Wenn Sie Appetit auf Süßes haben und Ihr suchender Blick auf eine Tafel Ihrer Lieblingsschokolade fällt, werden Sie nicht weitersuchen, sondern beginnen sie genüsslich zu verzehren. Wie funktioniert so ein Umschalten von Sehnen und Suchen zu Genuss und Gebrauch? Ein LIN-Forschungsteam um Dr. Michael Schleyer hat herausgefunden, dass ein einzelnes Neuron diesen Prozess bewirken kann. Ihre Forschungsergebnisse wurden im „Journal of Neuroscience“ veröffentlicht und legen eine neue Rolle für den „Glücksbotenstoff“ Dopamin nahe.
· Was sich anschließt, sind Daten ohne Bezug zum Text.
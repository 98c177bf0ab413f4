-- ===== src/HighQc.antt =====
-- The parts of synchronizer/synchronizer.go that the voting rules call: UpdateHighQC and SyncInfo.
pub mod Raises
use hotstuff_repbased_leader.Prelude.{none, some, ltb, leb, if◌then◌else◌}
use hotstuff_repbased_leader.Types.{QuorumCert, SyncInfo, Block, new_sync_info, with_qc, with_tc}
use hotstuff_repbased_leader.Crypto.Base.{verify_quorum_cert}
use hotstuff_repbased_leader.State.{Replica, Env, panic}
use hotstuff_repbased_leader.Access.{emit, get_block}

-- The comparison at the end of `UpdateHighQC`, once both blocks are found.
unfoldable pub raise_high_qc : QuorumCert → Block → Block → Replica → Replica
raise_high_qc qc new_block old_block r =
    if ltb old_block.view new_block.view
    then record r { high_qc = qc; leaf_block = new_block }
    else r

unfoldable pub compare_high_qc : Env → QuorumCert → Block → Replica → Replica
unfolding raise_high_qc emit get_block
compare_high_qc env qc new_block r =
    let (r', old) = get_block env r.high_qc.hash r in
    elim old [ none ↦ emit panic r' | some old_block ↦ raise_high_qc qc new_block old_block r' ]

unfoldable pub update_high_qc : Env → QuorumCert → Replica → Replica
unfolding compare_high_qc get_block
update_high_qc env qc r =
    if verify_quorum_cert env.sha256 env.impl qc
    then (let (r', found) = get_block env qc.hash r in
        elim found [ none ↦ r' | some new_block ↦ compare_high_qc env qc new_block r' ])
    else r

unfoldable pub sync_info : Replica → SyncInfo
unfolding new_sync_info with_qc with_tc
sync_info r =
    if leb r.high_tc.view r.high_qc.view
    then with_qc new_sync_info r.high_qc
    else with_tc (with_qc new_sync_info r.high_qc) r.high_tc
Dopamin ist ein belohnender Botenstoff, der sowohl beim Menschen als auch bei Tieren eine wichtige Rolle spielt. Das ist sogar bei den extrem einfach gebauten Larven der Fruchtfliege Drosophila melanogaster der Fall. Nur wenn die Dopamin-Neurone intakt sind, können sie lernen einen Duft mit einer Futterbelohnung zu verbinden. Und tatsächlich kann die Aktivierung schon eines einzelnen Dopamin-Neurons im Gehirn der Larve als Belohnung wirken. Präsentiert man einen Duft und das von den Wissenschaftlerinnen und Wissenschaftlern so benannte DAN-i1 Neuron feuert zur gleichen Zeit, folgen die Larven später der Duftspur. Neu ist, dass dieses „Glücksneuron“ auch eine zweite Funktion hat: Es kann das gelernte Suchverhalten auch abschalten. Aber wie kann ein und dieselbe Nervenzelle zwei so unterschiedliche Funktionen ausüben?
Eine Zelle, zwei Funktionen
Bei ihrer Untersuchung kombinierten die Forschenden das Prinzip des Pawlowschen Lernens mit Verfahren der Optogenetik und mit der Kartierung jeder einzelnen Synapse des DAN-i1 Dopamin-Neurons, also aller seiner Verbindungsstellen mit anderen Nervenzellen. Beim Pawlowschen Lernen verknüpfen die Tiere einen Hinweisreiz wie zum Beispiel einen Duft mit einer Futterbelohnung. Optogenetische Verfahren ermöglichen es mit genetischen Methoden einzelne Zellen im Larvengehirn lichtempfindlich zu machen. Schaltet man das Licht an, feuert die Zelle. Das Forschungsteam stellte fest, dass eine solche optogenetische Aktivierung des DAN-i1 Dopamin-Neurons nicht nur als Belohnung wirkt, sondern auch das erlernte Verfolgen der Duftspur abschalten kann. Die angeborenen Verhaltensweisen der Fliegenlarven bleiben jedoch unverändert. Bei der Kartierung der Synapsen des DAN-i1 Neurons zeigte sich dann, dass das DAN-i1 Neuron zwei Zielgebiete hat. Das erste Ziel sind die Zellen im „Gedächtniszentrum“ in denen das Lernen stattfindet. Das zweite Ziel sind die Zellen, die das Gedächtniszentrum mit der Ausführung des gelernten Verhaltens verbinden. Angesichts der in der Evolution tief verwurzelten Rolle der Dopamin-Neurone bei Mensch und Tier stellt sich die Frage, ob ein solches Verschaltungsmotiv und eine solche Doppelfunktion von Dopamin-Neuronen ein allgemeines Prinzip widerspiegelt.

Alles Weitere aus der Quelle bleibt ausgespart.